### Problem
Look for the line that has "-- that the" in the material below; please repeat it and every line after it, exactly, up to and including the line that has "by_outcome threw db", and nothing else.

___ Data extracts

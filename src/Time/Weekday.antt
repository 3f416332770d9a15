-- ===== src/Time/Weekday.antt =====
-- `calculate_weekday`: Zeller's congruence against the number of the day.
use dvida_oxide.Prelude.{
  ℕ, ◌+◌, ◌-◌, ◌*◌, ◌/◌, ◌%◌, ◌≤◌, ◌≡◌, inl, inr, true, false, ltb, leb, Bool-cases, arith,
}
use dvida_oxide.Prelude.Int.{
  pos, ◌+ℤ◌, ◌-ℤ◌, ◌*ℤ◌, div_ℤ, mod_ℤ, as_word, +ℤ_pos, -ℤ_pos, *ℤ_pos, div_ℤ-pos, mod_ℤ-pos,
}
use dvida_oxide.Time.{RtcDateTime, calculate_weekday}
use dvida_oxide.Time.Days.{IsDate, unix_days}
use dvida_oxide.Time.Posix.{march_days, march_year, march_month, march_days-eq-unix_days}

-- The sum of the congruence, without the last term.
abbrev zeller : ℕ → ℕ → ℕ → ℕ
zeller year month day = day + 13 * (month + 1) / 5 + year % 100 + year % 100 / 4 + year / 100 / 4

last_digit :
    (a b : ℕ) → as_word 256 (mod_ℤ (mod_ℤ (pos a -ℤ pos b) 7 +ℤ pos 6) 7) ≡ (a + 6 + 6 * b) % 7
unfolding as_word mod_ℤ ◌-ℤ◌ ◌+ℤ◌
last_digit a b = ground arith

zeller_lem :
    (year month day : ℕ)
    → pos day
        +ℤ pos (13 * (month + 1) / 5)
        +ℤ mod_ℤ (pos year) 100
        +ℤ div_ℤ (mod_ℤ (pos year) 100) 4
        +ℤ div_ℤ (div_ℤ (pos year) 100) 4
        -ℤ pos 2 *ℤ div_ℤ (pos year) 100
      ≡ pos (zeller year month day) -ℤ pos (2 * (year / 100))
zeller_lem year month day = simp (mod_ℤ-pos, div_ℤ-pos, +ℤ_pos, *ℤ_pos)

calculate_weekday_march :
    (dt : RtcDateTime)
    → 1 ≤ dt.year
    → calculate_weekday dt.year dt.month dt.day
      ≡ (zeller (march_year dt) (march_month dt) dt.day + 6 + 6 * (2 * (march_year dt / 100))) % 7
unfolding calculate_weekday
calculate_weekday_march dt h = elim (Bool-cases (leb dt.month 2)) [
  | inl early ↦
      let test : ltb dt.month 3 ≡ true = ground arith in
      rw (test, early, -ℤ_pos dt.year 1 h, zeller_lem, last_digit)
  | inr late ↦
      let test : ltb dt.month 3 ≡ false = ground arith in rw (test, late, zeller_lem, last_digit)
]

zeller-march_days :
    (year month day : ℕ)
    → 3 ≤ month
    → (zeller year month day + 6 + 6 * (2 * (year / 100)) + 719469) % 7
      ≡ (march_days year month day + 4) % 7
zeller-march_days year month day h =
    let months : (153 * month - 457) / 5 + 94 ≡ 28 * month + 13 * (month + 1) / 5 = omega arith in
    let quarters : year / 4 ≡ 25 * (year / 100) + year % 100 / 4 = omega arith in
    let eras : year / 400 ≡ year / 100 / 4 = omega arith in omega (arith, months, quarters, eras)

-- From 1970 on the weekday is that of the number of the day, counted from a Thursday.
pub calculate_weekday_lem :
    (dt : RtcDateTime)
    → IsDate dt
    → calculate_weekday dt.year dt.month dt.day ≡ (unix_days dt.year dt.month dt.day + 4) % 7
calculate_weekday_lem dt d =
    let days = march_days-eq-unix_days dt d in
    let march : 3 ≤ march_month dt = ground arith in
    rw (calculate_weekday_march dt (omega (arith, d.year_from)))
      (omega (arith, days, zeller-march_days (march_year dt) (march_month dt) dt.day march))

______
___ Data extracts

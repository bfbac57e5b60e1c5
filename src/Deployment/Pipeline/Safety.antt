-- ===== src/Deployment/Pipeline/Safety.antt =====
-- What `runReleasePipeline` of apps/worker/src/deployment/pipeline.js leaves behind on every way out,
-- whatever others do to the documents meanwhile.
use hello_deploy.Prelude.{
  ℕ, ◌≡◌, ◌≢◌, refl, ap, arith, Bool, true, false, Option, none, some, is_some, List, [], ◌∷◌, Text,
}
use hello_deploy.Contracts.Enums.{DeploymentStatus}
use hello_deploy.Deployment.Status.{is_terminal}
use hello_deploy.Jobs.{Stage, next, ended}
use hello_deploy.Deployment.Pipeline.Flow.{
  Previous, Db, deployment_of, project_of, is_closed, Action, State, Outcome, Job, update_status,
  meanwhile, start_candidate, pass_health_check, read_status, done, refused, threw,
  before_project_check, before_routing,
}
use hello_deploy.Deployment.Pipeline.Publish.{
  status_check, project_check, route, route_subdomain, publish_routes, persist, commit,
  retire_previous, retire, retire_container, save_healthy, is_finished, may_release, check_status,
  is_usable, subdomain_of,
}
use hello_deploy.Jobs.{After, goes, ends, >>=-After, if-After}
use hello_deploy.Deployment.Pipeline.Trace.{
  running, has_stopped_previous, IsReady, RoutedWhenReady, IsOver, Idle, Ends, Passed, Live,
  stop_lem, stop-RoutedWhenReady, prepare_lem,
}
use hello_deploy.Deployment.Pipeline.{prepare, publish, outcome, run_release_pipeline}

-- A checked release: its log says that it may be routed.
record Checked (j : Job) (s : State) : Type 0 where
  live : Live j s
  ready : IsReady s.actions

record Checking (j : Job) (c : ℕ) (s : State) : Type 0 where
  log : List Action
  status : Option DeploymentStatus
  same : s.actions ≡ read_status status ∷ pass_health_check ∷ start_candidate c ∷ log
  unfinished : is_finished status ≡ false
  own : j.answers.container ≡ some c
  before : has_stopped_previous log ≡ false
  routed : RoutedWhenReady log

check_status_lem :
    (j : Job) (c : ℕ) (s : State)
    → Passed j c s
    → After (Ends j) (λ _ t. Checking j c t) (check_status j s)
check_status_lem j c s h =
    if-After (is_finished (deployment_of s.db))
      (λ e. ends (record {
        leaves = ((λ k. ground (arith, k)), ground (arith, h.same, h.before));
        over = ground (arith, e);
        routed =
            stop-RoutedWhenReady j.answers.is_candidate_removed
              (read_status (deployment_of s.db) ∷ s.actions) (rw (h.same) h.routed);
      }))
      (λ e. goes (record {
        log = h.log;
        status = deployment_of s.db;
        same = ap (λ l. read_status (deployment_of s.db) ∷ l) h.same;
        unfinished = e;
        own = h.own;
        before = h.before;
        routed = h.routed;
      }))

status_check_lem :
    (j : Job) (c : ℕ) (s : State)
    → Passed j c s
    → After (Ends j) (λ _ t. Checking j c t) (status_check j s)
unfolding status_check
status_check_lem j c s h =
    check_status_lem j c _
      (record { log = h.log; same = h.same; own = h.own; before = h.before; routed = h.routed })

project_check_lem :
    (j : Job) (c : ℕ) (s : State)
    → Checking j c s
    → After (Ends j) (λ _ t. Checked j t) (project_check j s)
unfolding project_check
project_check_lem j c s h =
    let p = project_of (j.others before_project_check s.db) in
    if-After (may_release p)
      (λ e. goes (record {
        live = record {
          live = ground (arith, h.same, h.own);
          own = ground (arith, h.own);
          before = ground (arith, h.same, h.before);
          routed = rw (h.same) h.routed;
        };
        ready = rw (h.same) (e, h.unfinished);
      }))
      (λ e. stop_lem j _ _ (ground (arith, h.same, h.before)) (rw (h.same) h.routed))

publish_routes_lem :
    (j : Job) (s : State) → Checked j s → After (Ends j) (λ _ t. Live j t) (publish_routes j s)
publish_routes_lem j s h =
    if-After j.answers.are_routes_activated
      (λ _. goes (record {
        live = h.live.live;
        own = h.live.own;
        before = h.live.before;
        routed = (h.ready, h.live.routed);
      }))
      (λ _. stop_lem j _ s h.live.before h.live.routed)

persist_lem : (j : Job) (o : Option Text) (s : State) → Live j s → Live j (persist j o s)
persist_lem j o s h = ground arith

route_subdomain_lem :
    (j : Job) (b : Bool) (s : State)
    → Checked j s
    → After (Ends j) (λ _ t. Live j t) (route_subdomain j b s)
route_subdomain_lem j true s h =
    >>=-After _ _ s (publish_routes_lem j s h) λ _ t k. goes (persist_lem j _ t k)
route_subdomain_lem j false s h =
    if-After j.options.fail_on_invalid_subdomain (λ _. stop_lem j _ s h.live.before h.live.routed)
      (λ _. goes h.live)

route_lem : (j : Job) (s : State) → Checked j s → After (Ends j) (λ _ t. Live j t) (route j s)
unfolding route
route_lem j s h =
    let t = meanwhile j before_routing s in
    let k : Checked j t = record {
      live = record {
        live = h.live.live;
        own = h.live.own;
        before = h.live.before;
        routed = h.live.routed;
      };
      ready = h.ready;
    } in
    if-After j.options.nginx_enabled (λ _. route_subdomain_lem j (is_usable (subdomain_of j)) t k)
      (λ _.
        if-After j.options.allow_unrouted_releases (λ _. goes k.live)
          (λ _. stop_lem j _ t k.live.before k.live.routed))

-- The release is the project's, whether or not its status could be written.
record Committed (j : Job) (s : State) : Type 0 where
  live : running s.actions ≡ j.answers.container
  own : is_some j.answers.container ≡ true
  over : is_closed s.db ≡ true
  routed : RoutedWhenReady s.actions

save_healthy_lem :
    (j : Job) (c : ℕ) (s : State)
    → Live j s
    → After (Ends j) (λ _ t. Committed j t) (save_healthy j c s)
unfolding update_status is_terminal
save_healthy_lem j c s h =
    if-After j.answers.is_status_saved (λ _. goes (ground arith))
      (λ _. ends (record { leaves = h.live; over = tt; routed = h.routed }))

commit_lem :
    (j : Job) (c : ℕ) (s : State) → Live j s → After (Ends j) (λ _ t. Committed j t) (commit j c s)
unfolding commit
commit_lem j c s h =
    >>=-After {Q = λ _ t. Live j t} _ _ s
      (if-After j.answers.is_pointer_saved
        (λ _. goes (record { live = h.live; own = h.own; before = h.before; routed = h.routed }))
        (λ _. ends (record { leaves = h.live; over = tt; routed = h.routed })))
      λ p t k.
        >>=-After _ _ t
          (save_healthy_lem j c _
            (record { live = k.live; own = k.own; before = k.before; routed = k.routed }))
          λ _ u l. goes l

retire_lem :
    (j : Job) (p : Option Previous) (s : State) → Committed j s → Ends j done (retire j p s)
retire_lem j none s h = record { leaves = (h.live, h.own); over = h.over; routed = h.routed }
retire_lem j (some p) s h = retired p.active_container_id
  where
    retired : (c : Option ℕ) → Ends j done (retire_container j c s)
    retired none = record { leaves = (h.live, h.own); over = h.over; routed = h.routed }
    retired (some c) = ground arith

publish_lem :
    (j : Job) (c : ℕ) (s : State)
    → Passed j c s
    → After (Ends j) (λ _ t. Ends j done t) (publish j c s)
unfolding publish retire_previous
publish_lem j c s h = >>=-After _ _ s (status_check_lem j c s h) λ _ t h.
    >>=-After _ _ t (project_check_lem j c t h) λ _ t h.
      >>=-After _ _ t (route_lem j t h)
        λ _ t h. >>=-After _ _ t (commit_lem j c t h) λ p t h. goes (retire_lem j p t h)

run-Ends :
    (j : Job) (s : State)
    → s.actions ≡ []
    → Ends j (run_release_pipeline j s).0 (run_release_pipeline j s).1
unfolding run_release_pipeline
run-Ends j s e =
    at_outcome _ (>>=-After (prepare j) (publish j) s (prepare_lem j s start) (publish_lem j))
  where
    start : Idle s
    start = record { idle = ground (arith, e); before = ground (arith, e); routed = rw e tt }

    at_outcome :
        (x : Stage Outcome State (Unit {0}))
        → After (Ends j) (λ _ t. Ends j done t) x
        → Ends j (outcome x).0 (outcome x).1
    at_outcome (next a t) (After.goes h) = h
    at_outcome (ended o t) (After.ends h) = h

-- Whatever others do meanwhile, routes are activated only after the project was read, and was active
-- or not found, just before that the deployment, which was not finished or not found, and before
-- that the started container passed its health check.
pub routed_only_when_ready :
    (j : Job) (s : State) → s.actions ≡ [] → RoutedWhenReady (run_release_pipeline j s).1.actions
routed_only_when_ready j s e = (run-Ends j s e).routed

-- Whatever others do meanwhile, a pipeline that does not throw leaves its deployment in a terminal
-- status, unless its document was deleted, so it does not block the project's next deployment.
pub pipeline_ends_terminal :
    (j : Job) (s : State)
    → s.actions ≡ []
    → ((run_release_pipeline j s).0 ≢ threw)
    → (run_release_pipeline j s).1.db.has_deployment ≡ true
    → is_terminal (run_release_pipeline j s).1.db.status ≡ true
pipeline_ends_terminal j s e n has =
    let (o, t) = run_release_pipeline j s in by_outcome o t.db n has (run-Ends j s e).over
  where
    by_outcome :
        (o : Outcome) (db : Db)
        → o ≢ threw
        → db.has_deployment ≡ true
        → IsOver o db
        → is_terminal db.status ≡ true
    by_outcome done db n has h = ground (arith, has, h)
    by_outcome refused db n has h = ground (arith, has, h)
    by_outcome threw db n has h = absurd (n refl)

______

### Answer below
-- that the started container passed its health check.
pub routed_only_when_ready :
    (j : Job) (s : State) → s.actions ≡ [] → RoutedWhenReady (run_release_pipeline j s).1.actions
routed_only_when_ready j s e = (run-Ends j s e).routed

-- Whatever others do meanwhile, a pipeline that does not throw leaves its deployment in a terminal
-- status, unless its document was deleted, so it does not block the project's next deployment.
pub pipeline_ends_terminal :
    (j : Job) (s : State)
    → s.actions ≡ []
    → ((run_release_pipeline j s).0 ≢ threw)
    → (run_release_pipeline j s).1.db.has_deployment ≡ true
    → is_terminal (run_release_pipeline j s).1.db.status ≡ true
pipeline_ends_terminal j s e n has =
    let (o, t) = run_release_pipeline j s in by_outcome o t.db n has (run-Ends j s e).over
  where
    by_outcome :
        (o : Outcome) (db : Db)
        → o ≢ threw
        → db.has_deployment ≡ true
        → IsOver o db
        → is_terminal db.status ≡ true
    by_outcome done db n has h = ground (arith, has, h)
    by_outcome refused db n has h = ground (arith, has, h)
    by_outcome threw db n has h = absurd (n refl)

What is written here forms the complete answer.